Your answer should be the exact lines of the data below from the one containing "let lost = connect_loop_miss" through the one containing "rw (ok, many)"; please include nothing else.

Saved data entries
════════════════

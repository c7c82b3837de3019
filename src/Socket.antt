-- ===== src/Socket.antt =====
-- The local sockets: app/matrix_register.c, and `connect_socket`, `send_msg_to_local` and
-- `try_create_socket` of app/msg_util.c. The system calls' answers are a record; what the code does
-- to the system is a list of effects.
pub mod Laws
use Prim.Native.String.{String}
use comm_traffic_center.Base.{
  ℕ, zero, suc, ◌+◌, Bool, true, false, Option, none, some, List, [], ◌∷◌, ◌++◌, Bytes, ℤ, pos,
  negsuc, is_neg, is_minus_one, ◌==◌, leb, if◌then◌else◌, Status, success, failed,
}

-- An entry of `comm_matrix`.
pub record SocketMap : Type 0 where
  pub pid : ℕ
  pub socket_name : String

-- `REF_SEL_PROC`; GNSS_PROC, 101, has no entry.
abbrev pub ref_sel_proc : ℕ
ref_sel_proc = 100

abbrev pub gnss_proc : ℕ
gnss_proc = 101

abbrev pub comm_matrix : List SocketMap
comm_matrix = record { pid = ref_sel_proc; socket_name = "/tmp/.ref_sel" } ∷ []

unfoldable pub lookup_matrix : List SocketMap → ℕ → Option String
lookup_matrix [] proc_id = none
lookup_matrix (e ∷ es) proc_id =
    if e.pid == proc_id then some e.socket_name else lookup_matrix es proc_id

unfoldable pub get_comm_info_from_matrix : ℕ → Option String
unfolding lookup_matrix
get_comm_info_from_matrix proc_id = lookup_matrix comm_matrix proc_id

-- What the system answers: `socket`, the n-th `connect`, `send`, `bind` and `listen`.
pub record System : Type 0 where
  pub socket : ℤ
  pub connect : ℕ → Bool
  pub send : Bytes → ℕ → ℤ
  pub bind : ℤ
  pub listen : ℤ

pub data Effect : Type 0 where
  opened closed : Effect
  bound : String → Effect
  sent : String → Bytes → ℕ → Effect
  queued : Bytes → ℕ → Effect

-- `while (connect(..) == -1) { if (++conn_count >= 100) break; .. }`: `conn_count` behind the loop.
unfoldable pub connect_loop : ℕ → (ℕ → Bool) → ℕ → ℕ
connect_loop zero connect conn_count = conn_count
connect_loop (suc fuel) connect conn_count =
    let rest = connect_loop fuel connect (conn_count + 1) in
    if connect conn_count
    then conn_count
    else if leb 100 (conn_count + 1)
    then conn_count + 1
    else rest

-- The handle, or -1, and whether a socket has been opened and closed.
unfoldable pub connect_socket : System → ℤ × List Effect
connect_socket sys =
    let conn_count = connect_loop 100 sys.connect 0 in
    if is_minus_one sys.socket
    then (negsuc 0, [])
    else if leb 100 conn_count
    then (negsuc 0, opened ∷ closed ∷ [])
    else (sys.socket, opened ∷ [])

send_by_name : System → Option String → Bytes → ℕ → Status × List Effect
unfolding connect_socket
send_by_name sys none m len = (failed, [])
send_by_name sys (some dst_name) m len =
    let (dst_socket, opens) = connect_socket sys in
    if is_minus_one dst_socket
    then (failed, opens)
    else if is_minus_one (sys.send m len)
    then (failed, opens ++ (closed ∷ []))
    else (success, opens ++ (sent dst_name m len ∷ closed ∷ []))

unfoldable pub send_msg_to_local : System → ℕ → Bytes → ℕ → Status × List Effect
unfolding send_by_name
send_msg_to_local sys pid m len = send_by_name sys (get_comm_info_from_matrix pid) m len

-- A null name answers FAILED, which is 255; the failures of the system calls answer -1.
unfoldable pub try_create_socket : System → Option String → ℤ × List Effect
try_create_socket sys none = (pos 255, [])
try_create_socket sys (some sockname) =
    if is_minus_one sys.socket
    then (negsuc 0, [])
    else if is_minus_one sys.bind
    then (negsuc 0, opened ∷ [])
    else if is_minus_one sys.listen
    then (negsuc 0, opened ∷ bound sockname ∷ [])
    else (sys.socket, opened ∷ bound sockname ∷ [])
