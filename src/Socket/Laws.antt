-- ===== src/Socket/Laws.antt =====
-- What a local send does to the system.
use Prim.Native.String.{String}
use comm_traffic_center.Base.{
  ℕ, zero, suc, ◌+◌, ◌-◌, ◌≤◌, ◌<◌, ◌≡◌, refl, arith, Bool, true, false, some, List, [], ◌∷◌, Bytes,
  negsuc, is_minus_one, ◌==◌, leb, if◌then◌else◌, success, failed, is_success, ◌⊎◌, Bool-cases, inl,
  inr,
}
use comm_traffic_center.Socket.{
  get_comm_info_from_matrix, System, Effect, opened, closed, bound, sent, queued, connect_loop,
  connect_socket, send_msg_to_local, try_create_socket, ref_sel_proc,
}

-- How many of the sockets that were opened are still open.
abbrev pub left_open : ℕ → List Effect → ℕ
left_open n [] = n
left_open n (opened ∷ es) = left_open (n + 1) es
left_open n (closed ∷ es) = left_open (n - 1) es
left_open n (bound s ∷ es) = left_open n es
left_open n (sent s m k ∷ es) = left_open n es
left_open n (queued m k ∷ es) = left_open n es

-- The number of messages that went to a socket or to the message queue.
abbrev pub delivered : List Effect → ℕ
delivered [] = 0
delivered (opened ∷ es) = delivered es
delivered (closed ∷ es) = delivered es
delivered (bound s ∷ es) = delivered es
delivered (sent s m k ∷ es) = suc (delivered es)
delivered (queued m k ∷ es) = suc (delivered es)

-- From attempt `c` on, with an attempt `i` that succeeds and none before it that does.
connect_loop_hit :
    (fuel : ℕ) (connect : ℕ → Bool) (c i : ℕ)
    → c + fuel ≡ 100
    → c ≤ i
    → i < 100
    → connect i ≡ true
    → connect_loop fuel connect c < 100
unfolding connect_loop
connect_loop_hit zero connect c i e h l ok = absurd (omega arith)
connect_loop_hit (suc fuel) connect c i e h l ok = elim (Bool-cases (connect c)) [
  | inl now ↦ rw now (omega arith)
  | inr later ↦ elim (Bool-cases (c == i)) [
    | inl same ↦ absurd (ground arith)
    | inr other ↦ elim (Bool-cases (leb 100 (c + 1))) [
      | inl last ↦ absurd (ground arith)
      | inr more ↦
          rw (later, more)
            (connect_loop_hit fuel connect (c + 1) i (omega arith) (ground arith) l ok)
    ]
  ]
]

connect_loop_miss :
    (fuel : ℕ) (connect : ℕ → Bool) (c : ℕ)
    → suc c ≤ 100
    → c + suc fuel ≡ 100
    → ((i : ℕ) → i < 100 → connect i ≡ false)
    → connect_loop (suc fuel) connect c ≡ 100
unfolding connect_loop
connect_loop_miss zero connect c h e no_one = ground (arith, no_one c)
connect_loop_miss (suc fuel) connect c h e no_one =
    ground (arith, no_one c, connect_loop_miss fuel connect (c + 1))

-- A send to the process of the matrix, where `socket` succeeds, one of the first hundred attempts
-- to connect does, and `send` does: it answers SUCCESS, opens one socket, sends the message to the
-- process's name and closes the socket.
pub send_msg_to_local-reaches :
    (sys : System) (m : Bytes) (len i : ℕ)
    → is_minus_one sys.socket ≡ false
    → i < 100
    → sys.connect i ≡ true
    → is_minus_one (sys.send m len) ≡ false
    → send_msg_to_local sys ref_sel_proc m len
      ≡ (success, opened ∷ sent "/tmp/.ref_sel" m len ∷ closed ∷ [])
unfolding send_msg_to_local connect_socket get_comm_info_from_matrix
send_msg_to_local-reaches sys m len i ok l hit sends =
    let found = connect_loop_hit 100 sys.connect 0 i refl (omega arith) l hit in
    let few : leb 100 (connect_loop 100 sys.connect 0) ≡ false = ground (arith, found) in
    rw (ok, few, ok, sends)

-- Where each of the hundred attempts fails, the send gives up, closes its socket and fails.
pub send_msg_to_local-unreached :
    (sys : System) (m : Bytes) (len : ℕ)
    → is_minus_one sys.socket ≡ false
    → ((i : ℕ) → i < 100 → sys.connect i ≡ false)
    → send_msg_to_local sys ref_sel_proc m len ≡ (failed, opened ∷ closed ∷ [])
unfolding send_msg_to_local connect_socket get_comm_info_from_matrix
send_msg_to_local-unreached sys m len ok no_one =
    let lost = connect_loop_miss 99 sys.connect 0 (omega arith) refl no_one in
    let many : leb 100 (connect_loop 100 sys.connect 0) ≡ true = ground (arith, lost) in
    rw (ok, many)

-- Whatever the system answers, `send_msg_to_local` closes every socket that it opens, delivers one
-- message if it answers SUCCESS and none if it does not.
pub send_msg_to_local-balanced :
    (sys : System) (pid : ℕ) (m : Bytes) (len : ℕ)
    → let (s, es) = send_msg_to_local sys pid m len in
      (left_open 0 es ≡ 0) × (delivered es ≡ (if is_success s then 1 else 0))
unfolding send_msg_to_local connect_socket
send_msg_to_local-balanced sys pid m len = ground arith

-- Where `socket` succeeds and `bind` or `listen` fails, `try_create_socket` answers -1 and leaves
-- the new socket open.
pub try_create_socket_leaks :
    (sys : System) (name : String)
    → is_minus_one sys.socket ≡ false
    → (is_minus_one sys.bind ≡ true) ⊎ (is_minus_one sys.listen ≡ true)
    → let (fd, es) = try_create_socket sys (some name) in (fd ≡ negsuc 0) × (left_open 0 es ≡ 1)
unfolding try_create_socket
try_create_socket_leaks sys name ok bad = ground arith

════════════════

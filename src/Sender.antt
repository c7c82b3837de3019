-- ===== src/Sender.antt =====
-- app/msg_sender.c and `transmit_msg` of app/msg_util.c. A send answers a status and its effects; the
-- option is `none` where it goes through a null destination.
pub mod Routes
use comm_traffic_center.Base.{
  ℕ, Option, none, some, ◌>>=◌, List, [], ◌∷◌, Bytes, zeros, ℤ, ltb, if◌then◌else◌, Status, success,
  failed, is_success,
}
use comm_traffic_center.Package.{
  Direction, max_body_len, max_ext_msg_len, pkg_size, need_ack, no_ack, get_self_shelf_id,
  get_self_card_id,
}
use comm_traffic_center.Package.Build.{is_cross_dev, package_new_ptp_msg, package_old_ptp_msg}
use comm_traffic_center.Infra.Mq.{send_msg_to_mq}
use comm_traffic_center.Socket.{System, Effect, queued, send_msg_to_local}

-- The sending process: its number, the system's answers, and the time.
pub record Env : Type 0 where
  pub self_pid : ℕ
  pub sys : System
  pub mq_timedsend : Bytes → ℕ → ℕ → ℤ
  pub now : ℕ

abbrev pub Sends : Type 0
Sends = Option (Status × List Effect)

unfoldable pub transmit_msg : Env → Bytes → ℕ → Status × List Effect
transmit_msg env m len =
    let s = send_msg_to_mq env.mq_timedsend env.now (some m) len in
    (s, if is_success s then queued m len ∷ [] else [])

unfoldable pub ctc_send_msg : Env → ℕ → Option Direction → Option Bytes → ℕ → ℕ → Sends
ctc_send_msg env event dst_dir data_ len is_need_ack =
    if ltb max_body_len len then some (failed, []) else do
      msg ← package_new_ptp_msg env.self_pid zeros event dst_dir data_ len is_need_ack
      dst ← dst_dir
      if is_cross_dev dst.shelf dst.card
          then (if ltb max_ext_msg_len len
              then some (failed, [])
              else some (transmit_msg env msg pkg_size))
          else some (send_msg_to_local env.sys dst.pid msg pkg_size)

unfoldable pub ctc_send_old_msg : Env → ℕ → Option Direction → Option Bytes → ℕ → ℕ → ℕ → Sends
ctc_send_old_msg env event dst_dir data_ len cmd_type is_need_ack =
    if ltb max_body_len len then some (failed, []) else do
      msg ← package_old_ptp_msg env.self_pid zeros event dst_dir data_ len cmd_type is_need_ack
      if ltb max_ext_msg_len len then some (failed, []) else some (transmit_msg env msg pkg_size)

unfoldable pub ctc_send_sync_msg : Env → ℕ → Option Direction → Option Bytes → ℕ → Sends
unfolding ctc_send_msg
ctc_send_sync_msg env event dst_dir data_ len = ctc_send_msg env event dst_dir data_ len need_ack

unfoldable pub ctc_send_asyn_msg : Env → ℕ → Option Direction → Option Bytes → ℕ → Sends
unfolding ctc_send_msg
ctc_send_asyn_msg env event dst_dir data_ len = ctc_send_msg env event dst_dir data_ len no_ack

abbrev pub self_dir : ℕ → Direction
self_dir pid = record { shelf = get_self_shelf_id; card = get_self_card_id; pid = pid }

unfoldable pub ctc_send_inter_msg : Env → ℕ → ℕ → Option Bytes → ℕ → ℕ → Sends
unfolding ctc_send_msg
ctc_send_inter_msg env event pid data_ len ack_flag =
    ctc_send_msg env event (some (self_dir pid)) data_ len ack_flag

════════════════

(Response to the task):
    let lost = connect_loop_miss 99 sys.connect 0 (omega arith) refl no_one in
    let many : leb 100 (connect_loop 100 sys.connect 0) ≡ true = ground (arith, lost) in
    rw (ok, many)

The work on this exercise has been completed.